Plans for the death of the Queen - yurisagalov
https://www.theguardian.com/uk-news/2017/mar/16/what-happens-when-queen-elizabeth-dies-london-bridge?CMP=Share_iOSApp_Other
======
parenthephobia
Previous discussion:
[https://news.ycombinator.com/item?id=13883428](https://news.ycombinator.com/item?id=13883428)

------
watbe
Most interestingly, several countries with the Queen as their Head of State
have expressed a willingness to become Republics after Elizabeth passes. The
most likely candidate being Australia. Her death is likely to cause the
further deterioration of the British Empire, or whatever remains of it.
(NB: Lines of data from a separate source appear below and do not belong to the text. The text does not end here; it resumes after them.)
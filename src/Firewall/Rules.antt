-- ===== src/Firewall/Rules.antt =====
-- Rules for ports and services, and the switch of the firewall (`enable`, `disable`, `add_rule`, `add_service`,
-- `remove_service`, `toggle_rule`), by the kind of firewall.
pub mod Safety
use emarecloud.Prelude.{
  String, Bool, true, false, not, ◌&&◌, ◌||◌, Option, none, some, List, [], ◌∷◌, if◌then◌else◌,
  ◌==◌, nat_eq, string_eq, pair_eq,
}
use Prim.Native.String.{◌++◌}
use emarecloud.Dict
use emarecloud.Dict.{Dict}
use emarecloud.Text.{is_empty, lower, strip}
use emarecloud.Text.Split.{occurs, split_on}
use emarecloud.Firewall.Quote.{sq}
use emarecloud.Firewall.Mq.{mq}
use emarecloud.Firewall.Validate.{
  Checked, validate_ip, validate_port, validate_protocol, validate_action, emareos_actions,
}
use emarecloud.Firewall.Program.{
  Kind, ufw, firewalld, emareos, M, Outcome, ◌>>=◌, ◌>>◌, pure, exec, lift, with_valid, or_text,
  said, outcome,
}
use emarecloud.Firewall.Detect.{invalidate_cache, detect_type}
use emarecloud.Firewall.Change.{reload, unsupported, change_and_reload, change}

unfoldable pub enable_with : Option Kind → (server : String) → M Outcome
unfolding exec pure ◌>>=◌ change
enable_with (some ufw) s = do
  r ← exec s "echo 'y' | sudo ufw enable 2>&1"
  pure (
      if r.ok || occurs "already active" (lower (r.out ++ r.err))
      then (true, "UFW etkinleştirildi.")
      else (false, or_text (said r) "UFW etkinleştirilemedi"))
enable_with (some firewalld) s =
    change s "sudo systemctl start firewalld 2>&1 && sudo systemctl enable firewalld 2>&1"
      "firewalld başlatıldı."
enable_with (some emareos) s =
    change s "/emare firewall rules enable [find]" "Emare filter kuralları etkinleştirildi."
enable_with none s = pure unsupported

-- `enable`
unfoldable pub enable : (server : String) → M Outcome
unfolding ◌>>=◌ invalidate_cache detect_type enable_with
enable s = do invalidate_cache s; kind ← detect_type s; enable_with kind s

unfoldable pub disable_with : Option Kind → (server : String) → M Outcome
unfolding pure change
disable_with (some ufw) s = change s "sudo ufw disable 2>&1" "UFW devre dışı bırakıldı."
disable_with (some firewalld) s =
    change s "sudo systemctl stop firewalld 2>&1 && sudo systemctl disable firewalld 2>&1" ""
disable_with (some emareos) s =
    change s "/emare firewall rules disable [find]" "Emare filter kuralları devre dışı bırakıldı."
disable_with none s = pure unsupported

-- `disable`
unfoldable pub disable : (server : String) → M Outcome
unfolding ◌>>=◌ invalidate_cache detect_type disable_with
disable s = do invalidate_cache s; kind ← detect_type s; disable_with kind s

-- `value and value.strip()`
abbrev pub is_given : String → Bool
is_given value = not (is_empty (strip value))

-- A value that is checked where it is given.
unfoldable pub with_optional : (String → Checked) → String → (String → M Outcome) → M Outcome
unfolding with_valid
with_optional check value f = if is_given value then with_valid (check value) f else f value

-- The arguments of `add_rule` that its branches use.
pub record Rule : Type 0 where
  pub port : String
  pub protocol : String
  pub action : String
  pub from_ip : String
  pub to_port : String

abbrev pub has_redirect : Rule → Bool
has_redirect r = is_given r.to_port && not (strip r.to_port == strip r.port)

-- `port if "/" in port else f"{port}/{protocol}"`
abbrev pub port_spec : Rule → String
port_spec r = if occurs "/" r.port then r.port else r.port ++ ("/" ++ r.protocol)

abbrev pub redirected : (front : String) → Rule → String
redirected front r = front ++ (r.port ++ (" → iç port " ++ (r.to_port ++ " yönlendirme eklendi.")))

unfoldable pub redirect_ufw : (server : String) → Rule → M Outcome
unfolding exec pure ◌>>=◌
redirect_ufw s a = do
  r ← exec s (
      "sudo iptables -t nat -A PREROUTING -p "
      ++ (sq a.protocol
          ++ (" --dport "
              ++ (sq a.port ++ (" -j REDIRECT --to-port " ++ (sq a.to_port ++ " 2>&1"))))))
  if r.ok
      then exec s ("sudo ufw allow " ++ (sq (a.to_port ++ ("/" ++ a.protocol)) ++ " 2>&1"))
        >> pure (true, or_text (said r) (redirected "Dış port " a))
      else pure (false, or_text (said r) "Port yönlendirme eklenemedi.")

unfoldable pub rule_ufw : (server : String) → Rule → M Outcome
unfolding exec pure ◌>>=◌
rule_ufw s a = do
  r ← exec s (
      "sudo ufw "
      ++ (sq a.action
          ++ (" "
              ++ (sq (port_spec a)
                  ++ ((if is_given a.from_ip then " from " ++ sq a.from_ip else "") ++ " 2>&1")))))
  pure (
      if r.ok || occurs "existing" (lower (said r)) || occurs "added" (lower (said r))
      then (true, or_text (said r) "Kural eklendi.")
      else (false, said r))

unfoldable pub redirect_firewalld : (server : String) → Rule → M Outcome
unfolding exec pure ◌>>=◌
redirect_firewalld s a = do
  r ← exec s (
      "sudo firewall-cmd --permanent --add-forward-port="
      ++ (sq ("port=" ++ (a.port ++ (":proto=" ++ (a.protocol ++ (":toport=" ++ a.to_port)))))
          ++ " 2>&1"))
  let reply = outcome (redirected "Dış port " a) r
  if r.ok
      then exec s "sudo firewall-cmd --permanent --add-masquerade 2>&1"
        >> (exec s reload >> pure reply)
      else pure reply

unfoldable pub quoted_source : (address : String) → M String
unfolding pure lift ◌>>=◌
quoted_source address = do v ← lift (mq address); pure (" src-address=" ++ v)

-- `src-address`, where an address is given.
unfoldable pub source_part : Rule → M String
unfolding pure quoted_source
source_part a = if is_given a.from_ip then quoted_source a.from_ip else pure ""

unfoldable pub redirect_emareos : (server : String) → Rule → M Outcome
unfolding lift ◌>>=◌ change source_part
redirect_emareos s a = do
  protocol ← lift (mq a.protocol)
  port ← lift (mq a.port)
  to_port ← lift (mq a.to_port)
  source ← source_part a
  change s
      ("/emare firewall nat add chain=dstnat action=dst-nat protocol="
        ++ (protocol ++ (" dst-port=" ++ (port ++ (" to-ports=" ++ (to_port ++ source))))))
      (redirected "Emare dış port " a)

-- `_VALID_EMAREOS_ACTIONS_MAP.get(action, 'accept')`
abbrev pub emareos_action : String → String
emareos_action action = elim (Dict.get action emareos_actions) [ some a ↦ a | none ↦ "accept" ]

abbrev pub first_part : List String → String
first_part [] = ""
first_part (p ∷ ps) = p

unfoldable pub rule_emareos : (server : String) → Rule → M Outcome
unfolding lift ◌>>=◌ change source_part
rule_emareos s a = do
  chain ← lift (mq "input")
  action ← lift (mq (emareos_action a.action))
  protocol ← lift (mq a.protocol)
  port ← lift (mq (first_part (split_on 47 a.port)))
  source ← source_part a
  change s
      ("/emare firewall rules add chain="
        ++ (chain
            ++ (" action="
                ++ (action ++ (" protocol=" ++ (protocol ++ (" dst-port=" ++ (port ++ source))))))))
      "Emare filter kuralı eklendi."

unfoldable pub add_rule_with : Kind → (server : String) → Rule → M Outcome
unfolding redirect_ufw rule_ufw redirect_firewalld change_and_reload redirect_emareos rule_emareos
add_rule_with ufw s a = if has_redirect a then redirect_ufw s a else rule_ufw s a
add_rule_with firewalld s a =
    if has_redirect a
    then redirect_firewalld s a
    else change_and_reload s
        ("sudo firewall-cmd --permanent --add-port=" ++ (sq (port_spec a) ++ " 2>&1"))
        "Kural eklendi."
add_rule_with emareos s a = if has_redirect a then redirect_emareos s a else rule_emareos s a

-- The checks of `add_rule` come behind the test that a firewall is there.
unfoldable pub checked_rule : Option Kind → (server : String) → Rule → M Outcome
unfolding pure with_valid with_optional add_rule_with
checked_rule none s a = pure unsupported
checked_rule (some kind) s a = with_valid (validate_port a.port) λ port.
    with_valid (validate_protocol a.protocol) λ protocol.
      with_valid (validate_action a.action) λ action. with_optional validate_ip a.from_ip λ from_ip.
        with_optional validate_port a.to_port λ to_port. add_rule_with kind s (record {
          port = port;
          protocol = protocol;
          action = action;
          from_ip = from_ip;
          to_port = to_port;
        })

-- `add_rule`
unfoldable pub add_rule : (server : String) → Rule → M Outcome
unfolding ◌>>=◌ invalidate_cache detect_type checked_rule
add_rule s a = do invalidate_cache s; kind ← detect_type s; checked_rule kind s a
While the monarchy exists mostly in name outside the UK, her death will be
closely followed by the people whose lives have been touched by the British
Empire.

------
Kaibeezy
Wow, that article just goes on and on and on and on.

I tried to imagine the Queen herself reading it and being comfortable with the
endless extravagance. Does she really see herself this way? Is it how she
wants those resources to be used?

"Leaders", you want to buy them a mirror.

Earlier today I was reading about the shameful cost of Trump's Florida
weekends and his family remaining in NYC. This after carping about Obama's
occasional trips. Bleh.